What Investment Advisers Are Saying On the Dow's 871-Point Bounce

(Bloomberg) -- Wall Street mouths were again agape at the sight of frantic moves in equities. The S&P 500 climbed 3.8 percent from its lows, turning on a dime at about 2:20 p.m. in New York, while the Dow Jones Industrial Average swung 871 points straight up.

What Investment Advisers Are Saying On the Dow's 871-Point Bounce

Here’s what investment advisers say they saw.

  • Nancy Tengler, chief investment strategist at Tengler Wealth Management, which has around $450 million under management:

“There’s a couple of things going on: one is that the tax-loss selling is most likely done. People, like me, who try to do it for clients, tried to do it last week. That improves liquidity in markets. There’s buyers and typically what we see in a normal market if people believe the economy is sound and that earnings will be decent, is they’ll tend to buy the dip. We saw some of that today. There was no major news that prompted the reversal. And buyers tend to come in at the end of the day, especially with program buyers. That’s a lot of what we’re still seeing,” she said. “Some people said this is what bottoms look like. I don’t know if we are at the bottom yet. I’m not saying we’re not, but sellers are drying up because of tax loss harvesting and you have end-of-the-day buyers coming in. I had a sense we’d end up today, but you certainly never know.”

  • Chris Zaccarelli, chief investment officer at the Independent Advisor Alliance:

“Typically you look at the last hour of trading and see where professional money is. Yesterday the markets was up for most of the day, but we had a dramatic rally in the last hour of trading, and the same thing today -- it was flat for most of the day and then rallied in the last hour. It could be a lot of mutual funds and institutions buying. It does seem like a switch in sentiment -- from being a seller in every rally to buying the dips now.”

“We are seeing investors bringing the market pricing back in line with fundamentals. Over 90 percent of stocks in New York Stock Exchange traded higher on Wednesday - that was crazy, it made me think - maybe the bottom is in. Maybe it’s a very late Santa Claus rally. Being down 20 percent without a recession doesn’t make too much sense. Maybe people were waiting for the last minute and once we got really close to 20 percent they decided to buy. I wasn’t one of them, but after what happened yesterday I was. It looks like the bottom is in.”

  • Gary Bradshaw, a portfolio manager at Hodges Capital Management.

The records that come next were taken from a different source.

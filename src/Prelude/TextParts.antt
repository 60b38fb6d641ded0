-- ===== src/Prelude/TextParts.antt =====
-- What `contains` answers on a text that begins with a known one.
use Prim.Native.Char.{code}
use Prim.Native.String.{String, ◌++◌}
use mathlib.Core.Bool.{Bool, true, false, ◌&&◌}
use mathlib.Core.Option.{none}
use mathlib.Core.Path.{◌≡◌, refl, sym, ap, ◌∙◌}
use mathlib.Core.Logic.{inl, inr}
use native.Mathlib.Omega.{arith}
use text.Mathlib.TextLemmas.{nil-append, cons-append}
use attow_nexus.Prelude.Tests.{eqb, if◌then◌else◌, Bool-cases}
use attow_nexus.Prelude.Text.{strip_prefix, has_prefix, has_part}

-- the texts differ at a place that both have
abbrev pub differs : String → String → Bool
differs (String.◌∷◌ c p) (String.◌∷◌ d s) = if eqb (code c) (code d) then differs p s else true
differs _ _ = false

-- the part differs from all that begins inside the text
abbrev pub is_clear : String → String → Bool
is_clear part String.[] = true
is_clear part (String.◌∷◌ c s) = differs part (String.◌∷◌ c s) && is_clear part s

strip_prefix-differs : (p s t : String) → differs p s ≡ true → strip_prefix p (s ++ t) ≡ none
unfolding strip_prefix
strip_prefix-differs String.[] s t h = cc
strip_prefix-differs (String.◌∷◌ c p) String.[] t h = cc
strip_prefix-differs (String.◌∷◌ c p) (String.◌∷◌ d s) t h =
    rw (cons-append d s t) (elim (Bool-cases (eqb (code c) (code d))) [
      | inl same ↦ rw same (strip_prefix-differs p s t (ground (arith, h, same)))
      | inr other ↦ rw other refl
    ])

has_prefix-differs : (p s t : String) → differs p s ≡ true → has_prefix p (s ++ t) ≡ false
unfolding has_prefix
has_prefix-differs p s t h = rw (has_prefix, strip_prefix-differs p s t h) refl

pub has_part-append :
    (part s t : String) → is_clear part s ≡ true → has_part part (s ++ t) ≡ has_part part t
unfolding has_part
has_part-append part String.[] t h = ap (has_part part) (nil-append t)
has_part-append part (String.◌∷◌ c s) t h =
    let differ : differs part (String.◌∷◌ c s) ≡ true = ground (arith, h) in
    let rest : is_clear part s ≡ true = ground (arith, h) in
    let starts : has_prefix part (String.◌∷◌ c (s ++ t)) ≡ false =
      ap (has_prefix part) (sym (cons-append c s t))
      ∙ has_prefix-differs part (String.◌∷◌ c s) t differ in
    rw (cons-append c s t, starts) (has_part-append part s t rest)

pub has_part_of_prefix : (part s : String) → has_prefix part s ≡ true → has_part part s ≡ true
unfolding has_part
has_part_of_prefix part String.[] h = h
has_part_of_prefix part (String.◌∷◌ c s) h = rw h refl

pub append_append : (r s t : String) → (r ++ s) ++ t ≡ r ++ (s ++ t)
append_append String.[] s t = rw (nil-append s, nil-append (s ++ t)) refl
append_append (String.◌∷◌ c r) s t =
    rw (cons-append c r s, cons-append c (r ++ s) t, cons-append c r (s ++ t))
      (ap (String.◌∷◌ c) (append_append r s t))
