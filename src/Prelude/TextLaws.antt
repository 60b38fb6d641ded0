-- ===== src/Prelude/TextLaws.antt =====
-- What `strip_suffix('*')`, `strip_prefix` and `starts_with` decide.
use Prim.Native.Nat.{ℕ}
use Prim.Native.Char.{Char, code}
use Prim.Native.String.{String, ◌++◌}
use mathlib.Core.Bool.{true}
use mathlib.Core.Option.{some}
use mathlib.Core.Path.{◌≡◌, refl, ap}
use mathlib.Core.Logic.{◌↔◌, inl, inr}
use native.Mathlib.Omega.{arith}
use text.Mathlib.TextEquality.{Char-path}
use text.Mathlib.TextLemmas.{nil-append, cons-append}
use attow_nexus.Prelude.Tests.{eqb, Bool-cases, Option-cases}
use attow_nexus.Prelude.Text.{strip_star, strip_prefix, has_prefix}

eqb→eq : (a b : ℕ) → eqb a b ≡ true → a ≡ b
eqb→eq a b h = ground arith

eqb_refl : (a : ℕ) → eqb a a ≡ true
eqb_refl a = ground arith

abbrev star : Char
star = "*"

strip_star_sound : (s r : String) → strip_star s ≡ some r → s ≡ r ++ "*"
unfolding strip_star
strip_star_sound String.[] r h = cc
strip_star_sound (String.◌∷◌ c String.[]) r h = elim (Bool-cases (eqb (code c) b'*')) [
  | inl same ↦
      let e : c ≡ star = Char-path c star (eqb→eq (code c) b'*' same) in
      let empty : "" ≡ r = ground (arith, same) in rw (← empty, e)
  | inr other ↦ ground (arith, other)
]
strip_star_sound (String.◌∷◌ c (String.◌∷◌ d s)) r h =
    elim (Option-cases (strip_star (String.◌∷◌ d s))) [
      | inl missing ↦ cc (missing)
      | inr (t, e) ↦
          let split : String.◌∷◌ c t ≡ r = ground (arith, e) in
          rw (← split, cons-append c t "*")
            (ap (String.◌∷◌ c) (strip_star_sound (String.◌∷◌ d s) t e))
    ]

strip_star-cons :
    (c : Char) (s r : String)
    → strip_star s ≡ some r
    → strip_star (String.◌∷◌ c s) ≡ some (String.◌∷◌ c r)
unfolding strip_star
strip_star-cons c String.[] r h = cc
strip_star-cons c (String.◌∷◌ d s) r h = rw h

strip_star-append : (r : String) → strip_star (r ++ "*") ≡ some r
unfolding strip_star
strip_star-append String.[] = refl
strip_star-append (String.◌∷◌ c r) =
    rw (cons-append c r "*") (strip_star-cons c (r ++ "*") r (strip_star-append r))

pub strip_star_iff : (s r : String) → (strip_star s ≡ some r) ↔ (s ≡ r ++ "*")
strip_star_iff s r = (strip_star_sound s r, λ e. rw e (strip_star-append r))

strip_prefix_sound : (p s r : String) → strip_prefix p s ≡ some r → s ≡ p ++ r
unfolding strip_prefix
strip_prefix_sound String.[] s r h = cc (nil-append r)
strip_prefix_sound (String.◌∷◌ c p) String.[] r h = cc
strip_prefix_sound (String.◌∷◌ c p) (String.◌∷◌ d s) r h =
    elim (Bool-cases (eqb (code c) (code d))) [
      | inl same ↦
          let e : c ≡ d = Char-path c d (eqb→eq (code c) (code d) same) in
          rw (e, cons-append d p r)
            (ap (String.◌∷◌ d) (strip_prefix_sound p s r (ground (arith, same))))
      | inr other ↦ ground (arith, other)
    ]

strip_prefix-append : (p r : String) → strip_prefix p (p ++ r) ≡ some r
unfolding strip_prefix
strip_prefix-append String.[] r = rw (nil-append r)
strip_prefix-append (String.◌∷◌ c p) r =
    rw (cons-append c p r, eqb_refl (code c)) (strip_prefix-append p r)

pub strip_prefix_iff : (p s r : String) → (strip_prefix p s ≡ some r) ↔ (s ≡ p ++ r)
strip_prefix_iff p s r = (strip_prefix_sound p s r, λ e. rw e (strip_prefix-append p r))

-- `starts_with` holds exactly when the text is the prefix and a rest.
pub has_prefix_iff : (p s : String) → (has_prefix p s ≡ true) ↔ ((r : String) × (s ≡ p ++ r))
unfolding has_prefix
has_prefix_iff p s = (
  λ h. elim (Option-cases (strip_prefix p s)) [
    | inl missing ↦ cc (missing)
    | inr (r, e) ↦ (r, strip_prefix_sound p s r e)
  ],
  λ (r, e). rw ((strip_prefix_iff p s r).1 e, has_prefix),
)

I compiled a ‘To Buy in 2019’ list on December 7 and I just looked at it again - I couldn’t believe how much they’ve plunged since then. I said ‘That’s it, I need to buy,’ and so has everyone else. The market has turned the corner - fundamental are strong, the economy is doing well, the consumer is strong, the bull markets is still intact. It’s a screaming buy. Everything that could go wrong has gone wrong. The negative news is out there - and investors said, give me some positive news - a good holiday season for retailers, the absence of negative headlines on trade, and we’ll buy.

  • John Carey, managing director and portfolio manager at Amundi Pioneer Asset Management

The market just got a second wind and decided to go up a bit in the end after having been driven down so much in the past few weeks. It was because bargain hunters are still looking for stocks that could do well next year if earnings do hold up and the economy stays reasonably strong. It’s been a real roller coaster ride. I normally expect calm markets and low volume during the last week of the year. You can have some more trading activity on New Year’s Eve because people are tidying up their portfolios and getting ready for the new year.